- [ABOUT THIS EXERCISE] Scan the records for the string "Safety"; copy each line where it occurs.

+++ DATA RECORDS

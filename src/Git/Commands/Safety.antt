-- ===== src/Git/Commands/Safety.antt =====
-- Every command ends, keeps a repository valid, and never changes or removes a commit.
use dev_box.Prelude.{
  inl, inr, List, [], ◌∷◌, Option, Bool, true, false, All, Bool-cases, Option-cases,
}
use mathlib.Core.List.{reverse_aux}
use dev_box.Text.{Text, text_eq, truthy, trim}
use dev_box.Dict.{lookup, insert, has, lookup-insert_self}
use dev_box.Git.Model.{
  Commit, branch, detached, RepositoryState, ResetMode, GitCommand, commit, switch, merge, rebase,
  reset, revert, cherry_pick, Outcome, ok, error, stuck, branch_tip, get_head_commit_id,
}
use dev_box.Git.Ancestry.{is_ancestor}
use dev_box.Git.Commands.{
  move_head, add_commit, reduce_commit, reduce_branch, reduce_switch, resolve, merge_commits,
  reduce_merge, Replayed, replay, rebase_onto, reduce_rebase, resolve_reset, reduce_reset,
  reduce_revert, reduce_cherry_pick, reduce_repository,
}
use dev_box.Git.Valid.{Exists, IsValid}
use dev_box.Git.Commands.Steps.{
  Keeps, resolve-Exists, resolve_reset-Exists, head-Exists, set_branch-IsValid, set_head-IsValid,
  move_head-IsValid, move_head-commits, has-Exists, branch_tip-lookup,
}
use dev_box.Git.Commands.Grow.{add_commit-Adds, grow-IsValid, Replays, replay-Replays, stop}
use dev_box.Git.Commands.Collect.{collect-Walk}

-- A result is a valid repository that still holds every commit, or an error message.
abbrev pub Safe : RepositoryState → Outcome → Type 0
Safe s (ok t) = IsValid t × Keeps s t
Safe s (error message) = Unit
Safe s stuck = ⊥

module _ (s : RepositoryState) (v : IsValid s) where
  adds-Safe :
      (parents : List Text) (message : Text)
      → All (Exists s.commits) parents
      → Safe s (ok (add_commit parents message s))
  adds-Safe parents message known =
      let a = add_commit-Adds s v parents message known in (a.valid, a.keeps)

  moves-Safe : (id : Text) → Exists s.commits id → Safe s (ok (move_head id s))
  moves-Safe id x = (move_head-IsValid s v id x, λ i c e. rw (move_head-commits id s) e)

  reduce_commit-Safe : (message : Option Text) → Safe s (reduce_commit message s)
  unfolding reduce_commit
  reduce_commit-Safe message = adds-Safe (get_head_commit_id s ∷ []) _ (head-Exists s v, tt)

  reduce_branch-Safe : (name : Text) → Safe s (reduce_branch name s)
  unfolding reduce_branch
  reduce_branch-Safe name = elim (Bool-cases (truthy (trim name))) [
    | inl filled ↦ elim (Option-cases (branch_tip (trim name) s.branches)) [
      | inl free ↦
          rw (reduce_branch, filled, free)
            (
              set_branch-IsValid s v (trim name) (get_head_commit_id s) (head-Exists s v),
              λ i c e. e,
            )
      | inr (id, taken) ↦ rw (reduce_branch, filled, taken) tt
    ]
    | inr blank ↦ rw (reduce_branch, blank) tt
  ]

  reduce_switch-Safe : (target : Text) (create : Bool) → Safe s (reduce_switch target create s)
  unfolding reduce_switch
  reduce_switch-Safe target true = elim (Option-cases (branch_tip (trim target) s.branches)) [
    | inl free ↦
        let x = head-Exists s v in
        let id = get_head_commit_id s in
        let t : RepositoryState = record s { branches = insert (trim target) id s.branches } in
        rw (reduce_switch, free)
          (
            set_head-IsValid t (set_branch-IsValid s v (trim target) id x) (branch (trim target))
                (id, lookup-insert_self (trim target) id s.branches),
            λ i c e. e,
          )
    | inr (id, taken) ↦ rw (reduce_switch, taken) tt
  ]
  reduce_switch-Safe target false = elim (Option-cases (branch_tip (trim target) s.branches)) [
    | inl free ↦ elim (Bool-cases (has (trim target) s.commits)) [
      | inl known ↦
          rw (reduce_switch, free, known)
            (
              set_head-IsValid s v (detached (trim target)) (has-Exists s (trim target) known),
              λ i c e. e,
            )
      | inr unknown ↦ rw (reduce_switch, free, unknown) tt
    ]
    | inr (id, taken) ↦
        rw (reduce_switch, taken)
          (
            set_head-IsValid s v (branch (trim target))
                (id, branch_tip-lookup (trim target) s.branches id taken),
            λ i c e. e,
          )
  ]

  merge_commits-Safe : (target id : Text) → Exists s.commits id → Safe s (merge_commits target id s)
  unfolding merge_commits
  merge_commits-Safe target id x = elim (Bool-cases (text_eq id (get_head_commit_id s))) [
    | inl same ↦ rw (merge_commits, same) tt
    | inr other ↦ elim (Bool-cases (is_ancestor s.commits (get_head_commit_id s) id)) [
      | inl ahead ↦ rw (merge_commits, other, ahead) (moves-Safe id x)
      | inr apart ↦ elim (Bool-cases (is_ancestor s.commits id (get_head_commit_id s))) [
        | inl behind ↦ rw (merge_commits, other, apart, behind) tt
        | inr split ↦
            rw (merge_commits, other, apart, split)
              (adds-Safe (get_head_commit_id s ∷ id ∷ []) _ (head-Exists s v, (x, tt)))
      ]
    ]
  ]

  reduce_merge-Safe : (target : Text) → Safe s (reduce_merge target s)
  unfolding reduce_merge
  reduce_merge-Safe target = elim (Option-cases (resolve (trim target) s)) [
    | inl missing ↦ rw (reduce_merge, missing) tt
    | inr (id, found) ↦
        rw (reduce_merge, found)
          (merge_commits-Safe (trim target) id (resolve-Exists s v (trim target) id found))
  ]

  rebase_onto-Safe :
      (id : Text) → Exists s.commits id → (todo : List Commit) → Safe s (rebase_onto id s todo)
  unfolding rebase_onto
  rebase_onto-Safe id x [] = tt
  rebase_onto-Safe id x (c ∷ cs) =
      let from : Replayed = record {
        commits = s.commits;
        tip = id;
        next_num = s.next_commit_num;
      } in
      let start : Replays s.commits id [] from = record {
        graph = v.graph;
        tip = x;
        keeps = λ i d e. e;
        linear = stop;
      } in
      let done = replay-Replays s.commits id (c ∷ cs) [] from start in
      let r = replay (c ∷ cs) from in
      let t : RepositoryState = record s { commits = r.commits; next_commit_num = r.next_num } in
      (
        move_head-IsValid t (grow-IsValid s v r.commits r.next_num done.graph done.keeps) r.tip
            done.tip,
        λ i d e. rw (move_head-commits r.tip t) (done.keeps i d e),
      )

  reduce_rebase-Safe : (target : Text) → Safe s (reduce_rebase target s)
  unfolding reduce_rebase
  reduce_rebase-Safe target = elim (Option-cases (resolve (trim target) s)) [
    | inl missing ↦ rw (reduce_rebase, missing) tt
    | inr (id, found) ↦
        let x = head-Exists s v in
        let placed = v.graph (get_head_commit_id s) x.0 x.1 in
        let (walk, _, run) =
          collect-Walk s.commits s.next_commit_num v.graph id s.next_commit_num placed.number
            (get_head_commit_id s) [] placed.named placed.below x in
        rw (reduce_rebase, found, run)
          (rebase_onto-Safe id (resolve-Exists s v (trim target) id found) (reverse_aux walk []))
  ]

  reduce_reset-Safe : (mode : ResetMode) (target : Text) → Safe s (reduce_reset mode target s)
  unfolding reduce_reset
  reduce_reset-Safe mode target = elim (Option-cases (resolve_reset (trim target) s)) [
    | inl missing ↦ rw (reduce_reset, missing) tt
    | inr (id, found) ↦
        rw (reduce_reset, found) (moves-Safe id (resolve_reset-Exists s v (trim target) id found))
  ]

  reduce_revert-Safe : (id : Text) → Safe s (reduce_revert id s)
  unfolding reduce_revert
  reduce_revert-Safe id = elim (Option-cases (lookup (trim id) s.commits)) [
    | inl missing ↦ rw (reduce_revert, missing) tt
    | inr (c, found) ↦
        rw (reduce_revert, found) (adds-Safe (get_head_commit_id s ∷ []) _ (head-Exists s v, tt))
  ]

  reduce_cherry_pick-Safe : (id : Text) → Safe s (reduce_cherry_pick id s)
  unfolding reduce_cherry_pick
  reduce_cherry_pick-Safe id = elim (Option-cases (lookup (trim id) s.commits)) [
    | inl missing ↦ rw (reduce_cherry_pick, missing) tt
    | inr (c, found) ↦
        rw (reduce_cherry_pick, found)
          (adds-Safe (get_head_commit_id s ∷ []) c.message (head-Exists s v, tt))
  ]

-- On a valid repository every command ends, in an error message or in a valid repository that
-- holds all the earlier commits unchanged.
pub reduce_repository-Safe :
    (s : RepositoryState) (command : GitCommand) → IsValid s → Safe s (reduce_repository s command)
unfolding reduce_repository
reduce_repository-Safe s (commit message) v = reduce_commit-Safe s v message
reduce_repository-Safe s (GitCommand.branch name) v = reduce_branch-Safe s v name
reduce_repository-Safe s (switch target create) v = reduce_switch-Safe s v target create
reduce_repository-Safe s (merge target) v = reduce_merge-Safe s v target
reduce_repository-Safe s (rebase target) v = reduce_rebase-Safe s v target
reduce_repository-Safe s (reset mode target) v = reduce_reset-Safe s v mode target
reduce_repository-Safe s (revert id) v = reduce_revert-Safe s v id
reduce_repository-Safe s (cherry_pick id) v = reduce_cherry_pick-Safe s v id
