-- ===== src/Git/Sessions.antt =====
-- The repositories that a learner can reach from the initial one.
use mathlib.Core.Path.{subst}
use dev_box.Prelude.{ap, ◌≡◌, refl, sym, ◌∙◌, [], arith, some}
use dev_box.Text.{Text, codes, text_eq}
use dev_box.Dict.{lookup, lookup-singleton}
use dev_box.Git.Model.{
  RepositoryState, GitCommand, ok, commit_id, create_initial_repository, Commit,
}
use dev_box.Git.Commands.{reduce_repository}
use dev_box.Git.Commands.Safety.{Safe, reduce_repository-Safe}
use dev_box.Git.Valid.{IsValid, IsGraph, Exists}

-- A command that succeeds is a step; one that fails leaves the repository as it was.
pub data Reachable : RepositoryState → Type 0 where
  start : Reachable create_initial_repository
  run :
      {s : RepositoryState} (command : GitCommand) (t : RepositoryState)
      → Reachable s
      → reduce_repository s command ≡ ok t
      → Reachable t

initial-IsGraph :
    IsGraph create_initial_repository.commits create_initial_repository.next_commit_num
unfolding commit_id
initial-IsGraph id c e =
    let (named, same) = lookup-singleton _ id _ c e in
    record {
      number = 1;
      named = sym named;
      own_id = ap (λ (x : Commit). x.id) (sym same) ∙ named;
      below = omega arith;
      parents = rw (← same) tt;
    }

initial_tips :
    (name id : Text)
    → lookup name create_initial_repository.branches ≡ some id
    → Exists create_initial_repository.commits id
unfolding lookup text_eq
initial_tips name id e =
    let (_, same) = lookup-singleton (codes "main") name (codes "c1") id e in
    rw (← same) (record { id = codes "c1"; parents = []; message = codes "Initial commit" }, refl)

initial-IsValid : IsValid create_initial_repository
unfolding lookup text_eq
initial-IsValid = record { graph = initial-IsGraph; tips = initial_tips; head = (codes "c1", refl) }

-- Every repository that is reached from the initial one by commands is valid: HEAD and all
-- branches stand on commits, no parent is missing, and parents have smaller numbers.
pub Reachable-IsValid : {s : RepositoryState} → Reachable s → IsValid s
Reachable-IsValid start = initial-IsValid
Reachable-IsValid (run {s} command t r e) =
    let safe : Safe s (ok t) =
      subst (Safe s) e (reduce_repository-Safe s command (Reachable-IsValid r)) in
    safe.0
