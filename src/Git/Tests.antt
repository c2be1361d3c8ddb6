-- ===== src/Git/Tests.antt =====
-- Runs of the sandbox, and the theorems about it at repositories that the runs reach.
use dev_box.Prelude.{◌++◌, ◌≡◌, ◌↔◌, refl, [], ◌∷◌, true, false, some, none}
use dev_box.Text.{Text, codes, text_eq, trim}
use dev_box.Git.Model.{
  Commit, branch, RepositoryState, GitCommand, commit, switch, merge, rebase, ok, error,
  get_head_commit_id, create_initial_repository,
}
use dev_box.Git.Ancestry.{is_ancestor}
use dev_box.Git.Ancestry.Laws.{Ancestor, is_ancestor_iff}
use dev_box.Git.Commands.{resolve, reduce_merge, reduce_rebase, reduce_repository}
use dev_box.Git.Commands.Safety.{Safe, reduce_repository-Safe}
use dev_box.Git.Commands.Merge.{Merges, reduce_merge-Merges}
use dev_box.Git.Commands.Rebase.{Rebases, reduce_rebase-Rebases}
use dev_box.Git.Commands.Branches.{Spares, reduce_repository-Spares}
use dev_box.Git.Valid.{IsValid}
use dev_box.Git.Sessions.{Reachable, start, run, Reachable-IsValid}

abbrev entry : Text → Text → Text → Text × Commit
entry id parent message = (id, record { id = id; parents = parent ∷ []; message = message })

-- A branch `topic` with one commit, while `main` got another one.
abbrev forked : RepositoryState
forked = record {
  commits =
      (codes "c1", record { id = codes "c1"; parents = []; message = codes "Initial commit" })
      ∷ entry (codes "c2") (codes "c1") (codes "on topic")
      ∷ entry (codes "c3") (codes "c1") (codes "Commit c3")
      ∷ [];
  branches = (codes "main", codes "c3") ∷ (codes "topic", codes "c2") ∷ [];
  head = branch (codes "main");
  next_commit_num = 4;
}

abbrev on_topic : RepositoryState
on_topic = record {
  commits =
      (codes "c1", record { id = codes "c1"; parents = []; message = codes "Initial commit" }) ∷ [];
  branches = (codes "main", codes "c1") ∷ (codes "topic", codes "c1") ∷ [];
  head = branch (codes "topic");
  next_commit_num = 2;
}

abbrev topic_ahead : RepositoryState
topic_ahead = record on_topic {
  commits =
      (codes "c1", record { id = codes "c1"; parents = []; message = codes "Initial commit" })
      ∷ entry (codes "c2") (codes "c1") (codes "on topic")
      ∷ [];
  branches = (codes "main", codes "c1") ∷ (codes "topic", codes "c2") ∷ [];
  next_commit_num = 3;
}

abbrev back_on_main : RepositoryState
back_on_main = record topic_ahead { head = branch (codes "main") }

forked-Reachable : Reachable forked
unfolding reduce_repository text_eq
forked-Reachable =
    run (commit none) forked
      (run (switch (codes " main ") false) back_on_main
        (run (commit (some (codes "on topic"))) topic_ahead
          (run (switch (codes "topic") true) on_topic start refl) refl)
        refl)
      refl

Reachable-IsValid_example : IsValid forked
Reachable-IsValid_example = Reachable-IsValid forked-Reachable

is_ancestor_iff_example :
    (is_ancestor forked.commits (codes "c1") (codes "c3") ≡ true)
    ↔ Ancestor forked.commits (codes "c1") (codes "c3")
is_ancestor_iff_example = is_ancestor_iff forked.commits (codes "c1") (codes "c3")

reduce_repository-Safe_example :
    Safe forked (reduce_repository forked (GitCommand.rebase (codes "topic")))
reduce_repository-Safe_example =
    reduce_repository-Safe forked (rebase (codes "topic")) Reachable-IsValid_example

reduce_repository-Spares_example : Spares forked (reduce_repository forked (merge (codes "topic")))
reduce_repository-Spares_example =
    reduce_repository-Spares forked (merge (codes "topic")) Reachable-IsValid_example

topic_resolved : resolve (trim (codes "topic")) forked ≡ some (codes "c2")
unfolding resolve trim text_eq
topic_resolved = refl

reduce_merge-Merges_example : Merges forked (codes "c2") (reduce_merge (codes "topic") forked)
reduce_merge-Merges_example =
    reduce_merge-Merges forked (codes "topic") (codes "c2") Reachable-IsValid_example topic_resolved

reduce_rebase-Rebases_example :
    (Ancestor forked.commits (get_head_commit_id forked) (codes "c2")
      → reduce_rebase (codes "topic") forked
        ≡ error (codes "Current branch is already up to date with target"))
    × (¬ Ancestor forked.commits (get_head_commit_id forked) (codes "c2")
        → (t : RepositoryState) × (reduce_rebase (codes "topic") forked ≡ ok t)
          × Rebases forked (codes "c2") t)
reduce_rebase-Rebases_example =
    reduce_rebase-Rebases forked (codes "topic") (codes "c2") Reachable-IsValid_example
      topic_resolved

-- `main` is a merge of two commits behind the first one, and `other` a third commit behind it.
abbrev merged : RepositoryState
merged = record {
  commits =
      (codes "c1", record { id = codes "c1"; parents = []; message = codes "Initial commit" })
      ∷ entry (codes "c2") (codes "c1") (codes "on topic")
      ∷ entry (codes "c3") (codes "c1") (codes "on main")
      ∷ (
        codes "c4",
        record { id = codes "c4"; parents = codes "c3" ∷ codes "c2" ∷ []; message = codes "merge" },
      )
      ∷ entry (codes "c5") (codes "c1") (codes "on other")
      ∷ [];
  branches = (codes "main", codes "c4") ∷ (codes "other", codes "c5") ∷ [];
  head = branch (codes "main");
  next_commit_num = 6;
}

-- The commit c2, which `main` reaches and `other` does not, is not replayed.
merge_lost :
    reduce_repository merged (GitCommand.rebase (codes "other"))
    ≡ ok (record {
      commits =
          merged.commits
          ++ entry (codes "c6") (codes "c5") (codes "on main")
            ∷ entry (codes "c7") (codes "c6") (codes "merge")
            ∷ [];
      branches = (codes "main", codes "c7") ∷ (codes "other", codes "c5") ∷ [];
      head = branch (codes "main");
      next_commit_num = 8;
    })
unfolding reduce_repository text_eq
merge_lost = refl

-- A blank name is refused by `branch`, and made into a branch by `switch -c`.
blank_branch :
    reduce_repository create_initial_repository (GitCommand.branch (codes " "))
    ≡ error (codes "Branch name cannot be empty")
unfolding reduce_repository text_eq
blank_branch = refl

blank_switch :
    reduce_repository create_initial_repository (switch (codes " ") true)
    ≡ ok (record create_initial_repository {
      branches = (codes "main", codes "c1") ∷ ([], codes "c1") ∷ [];
      head = branch [];
    })
unfolding reduce_repository text_eq
blank_switch = refl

++++++

- [ANSWER SECTION]
filename src/Git/Commands/Safety.antt
-- ===== src/Git/Commands/Safety.antt =====
use dev_box.Git.Commands.Safety.{Safe, reduce_repository-Safe}
use dev_box.Git.Commands.Safety.{Safe, reduce_repository-Safe}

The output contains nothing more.